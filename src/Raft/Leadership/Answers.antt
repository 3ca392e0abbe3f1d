-- ===== src/Raft/Leadership/Answers.antt =====
-- The handling of an acknowledgement returns, and keeps the invariant of the leader.
use cs525_project.Common.{
  ℕ, ◌≤◌, ◌<◌, String, Bool, true, false, ◌≡◌, refl, ◌∙◌, Option, none, some, arith, length,
  get_elem?-lt, set, set-set, length-set, All-get_elem?, All-set, ltb, lt→ltb, ltb→lt, inl, inr,
  Bool-cases, if◌then◌else◌,
}
use cs525_project.Protocol.{appends, AppendEntriesResults, AppendEntriesMessage}
use cs525_project.Raft.State.{RaftNode, pure, ◌>>◌}
use cs525_project.Raft.Log.{log_max_index, get_node_index, index_of}
use cs525_project.Raft.Candidate.{is_granted}
use cs525_project.Raft.Committable.{max_committable_index}
use cs525_project.Raft.Committable.Least.{le-max_committable_index}
use cs525_project.Raft.Leader.{
  set_next, assign_next, assign_match, is_success, next_after, send_more, try_commit, on_answer,
  answer_found, on_acknowledge,
}
use cs525_project.Raft.Returns.{Returns, Returns-bind, Returns-pure, Returns-reads}
use cs525_project.Raft.Leadership.{Group, InLog, IsLeading, IsLeading-next, index_of-lt}
use cs525_project.Raft.Leadership.Assign.{
  Leads, assign_next-Leads, assign_match-Leads, assign_heard-Leads, send_entry-Leads,
}
use cs525_project.Raft.Leadership.Broadcast.{me-lt, broadcast_commit_entries-Leads}

-- The index to commit is in the log, since the leader's own entry bounds it.
max_committable_index-le :
    {g : Group} {top : ℕ} {s : RaftNode}
    → IsLeading g top top s
    → max_committable_index s.current_num_nodes s.match_index ≤ top
max_committable_index-le {g} {top} {s} h =
    let (mine, found) = get_elem?-lt s.match_index g.me (omega (arith, h.match_length, me-lt g)) in
    let c = max_committable_index s.current_num_nodes s.match_index in
    let same : s.current_num_nodes ≡ length s.match_index =
      omega (arith, h.nodes_eq, h.match_length) in
    let all =
      (le-max_committable_index s.match_index c (omega (arith, h.match_length, me-lt g))).0
        (rw same (omega arith)) in
    omega (arith, All-get_elem? (λ i. c ≤ i) s.match_index g.me mine all found, h.own mine found)

try_commit-Leads :
    {g : Group} {top : ℕ} {s : RaftNode}
    → IsLeading g top top s
    → Returns (Leads g top top) try_commit s
unfolding try_commit
try_commit-Leads {g} {top} {s} h =
    let index = max_committable_index s.current_num_nodes s.match_index in
    elim (Bool-cases (ltb s.commit_index index)) [
      | inl e ↦ record {
        holds = rw e ((broadcast_commit_entries-Leads h index (max_committable_index-le h)).holds);
      }
      | inr e ↦ record { holds = rw e h }
    ]

-- While the invariant holds but for an index above the log at this node.
abbrev LeadsBut : {A : Type 0} → Group → ℕ → ℕ → A → RaftNode → Type 0
LeadsBut g top node a t = IsLeading g top top (set_next node none t) × (node < length t.next_index)

module _ {g : Group} {top : ℕ} {s : RaftNode} (h : IsLeading g top top s) (node : ℕ)
    (n : node < length g.ids) where
  -- An index above the log is assigned, and cleared again.
  assign_above : (index : ℕ) → Returns (LeadsBut g top node) (assign_next node (some index)) s
  unfolding assign_next
  assign_above index =
      let cleared =
        IsLeading-next h (set s.next_index node none)
          (length-set s.next_index node none ∙ h.next_length)
          (All-set (InLog top) s.next_index node none h.nexts tt) in
      record {
        holds = rw (lt→ltb node (length s.next_index) (omega (arith, h.next_length))) (
          rw (set-set s.next_index node (some index) none) cleared,
          omega (arith, length-set s.next_index node (some index), h.next_length),
        );
      }

  -- An index in the log is sent.
  send_more-Leads :
      (index : ℕ) (to : Option String)
      → index ≤ top
      → Returns (Leads g top top) (send_more node index to) s
  unfolding send_more
  send_more-Leads index to i = record {
    holds = elim (Bool-cases (ltb (log_max_index s) index)) [
      | inl e ↦ rw e ((assign_next-Leads h node none n tt).holds)
      | inr e ↦ rw e ((send_entry-Leads h index to i).holds)
    ];
  }

clear_above :
    {g : Group} {top : ℕ} {s : RaftNode} (node index : ℕ) (to : Option String)
    → LeadsBut g top node tt s
    → top < index
    → Returns (Leads g top top) (send_more node index to) s
unfolding send_more assign_next
clear_above {g} {top} {s} node index to h i = record {
  holds =
      rw
        (
          lt→ltb (log_max_index s) index (omega (arith, h.0.log_length)),
          lt→ltb node (length s.next_index) h.1,
        )
        h.0;
}

-- The new index is assigned; it is sent, or cleared if it is above the log.
advance_node-Leads :
    {g : Group} {top : ℕ} {s : RaftNode} (h : IsLeading g top top s) (node index : ℕ)
    (to : Option String)
    → node < length g.ids
    → 1 ≤ index
    → Returns
        (Leads g top top)
        (assign_next node (some index) >> (send_more node index to >> try_commit))
        s
advance_node-Leads {g} {top} h node index to n i = elim (Bool-cases (ltb top index)) [
  | inl above ↦ Returns-bind _ _ _ (assign_above h node n index) λ _ t ht.
      Returns-bind _ _ t (clear_above node index to ht (ltb→lt _ _ above))
        λ _ u hu. try_commit-Leads hu
  | inr inside ↦
      Returns-bind _ _ _ (assign_next-Leads h node (some index) n (ground arith)) λ _ t ht.
        Returns-bind _ _ t (send_more-Leads ht node n index to (ground arith))
          λ _ u hu. try_commit-Leads hu
]

matched-Leads :
    {g : Group} {top : ℕ} {s : RaftNode} (h : IsLeading g top top s) (success : Bool)
    (node index : ℕ)
    → node < length g.ids
    → index ≤ top
    → Returns (Leads g top top) (if success then assign_match node index else pure tt) s
matched-Leads h true node index n i = assign_match-Leads h node index n i
matched-Leads h false node index n i = Returns-pure tt _ h

next_after-pos : (success : Bool) (index : ℕ) → 1 ≤ index → 1 ≤ next_after success index
next_after-pos true index h = omega arith
next_after-pos false index h = ground arith

on_answer-Leads :
    {g : Group} {top : ℕ} {s : RaftNode} (h : IsLeading g top top s) (node index : ℕ)
    (m : AppendEntriesMessage) (r : AppendEntriesResults)
    → node < length g.ids
    → InLog top (some index)
    → m.results ≡ appends r
    → Returns (Leads g top top) (on_answer node index m) s
unfolding on_answer is_success
on_answer-Leads {g} {top} {s} h node index m r n i e =
    Returns-bind _ _ s (Returns-reads {P = Leads g top top} _ (is_granted r.success) s (rw e) h)
      λ success t ht. Returns-bind _ _ t (matched-Leads ht success node index n i.1) λ _ u hu.
        advance_node-Leads hu node (next_after success index) (some m.sender) n
          (next_after-pos success index i.0)

answer_found-Leads :
    {g : Group} {top : ℕ} {s : RaftNode} (h : IsLeading g top top s) (node : ℕ)
    (m : AppendEntriesMessage) (r : AppendEntriesResults) (found : Option ℕ)
    → node < length g.ids
    → InLog top found
    → m.results ≡ appends r
    → Returns (Leads g top top) (answer_found node m found) s
unfolding answer_found
answer_found-Leads h node m r none n i e = Returns-pure tt _ h
answer_found-Leads h node m r (some index) n i e = on_answer-Leads h node index m r n i e

-- An acknowledgement by a node of the group is handled without an exception.
pub on_acknowledge-Leads :
    {g : Group} {top : ℕ} {s : RaftNode} (h : IsLeading g top top s) (now : ℕ)
    (m : AppendEntriesMessage) (r : AppendEntriesResults) (node : ℕ)
    → index_of m.sender g.ids ≡ some node
    → m.results ≡ appends r
    → Returns (Leads g top top) (on_acknowledge now m) s
unfolding on_acknowledge get_node_index
on_acknowledge-Leads {g} {top} {s} h now m r node known e =
    let n = index_of-lt m.sender g.ids node known in
    Returns-bind _ _ s
      (Returns-reads {P = λ k t. IsLeading g top top t × (k ≡ node)} _ node s (rw (h.ids_eq, known))
        (h, refl))
      λ k t ht. Returns-bind _ _ t (assign_heard-Leads ht.0 k now (rw ht.1 n)) λ _ u hu.
        let (found, at) = get_elem?-lt u.next_index node (omega (arith, hu.next_length)) in
        Returns-bind _ _ u
          (Returns-reads {P = λ f v. IsLeading g top top v × InLog top f} _ found u (rw (ht.1, at))
            (hu, All-get_elem? (InLog top) u.next_index node found hu.nexts at))
          λ f v hv. answer_found-Leads hv.0 k m r f (rw ht.1 n) hv.1 e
┄┄┄┄┄┄
▶ **Work item**
Go through the material above and copy each line that has the word "cases".

▶ **Answer section**
  Bool-cases, if◌then◌else◌,
    elim (Bool-cases (ltb s.commit_index index)) [
    holds = elim (Bool-cases (ltb (log_max_index s) index)) [
advance_node-Leads {g} {top} h node index to n i = elim (Bool-cases (ltb top index)) [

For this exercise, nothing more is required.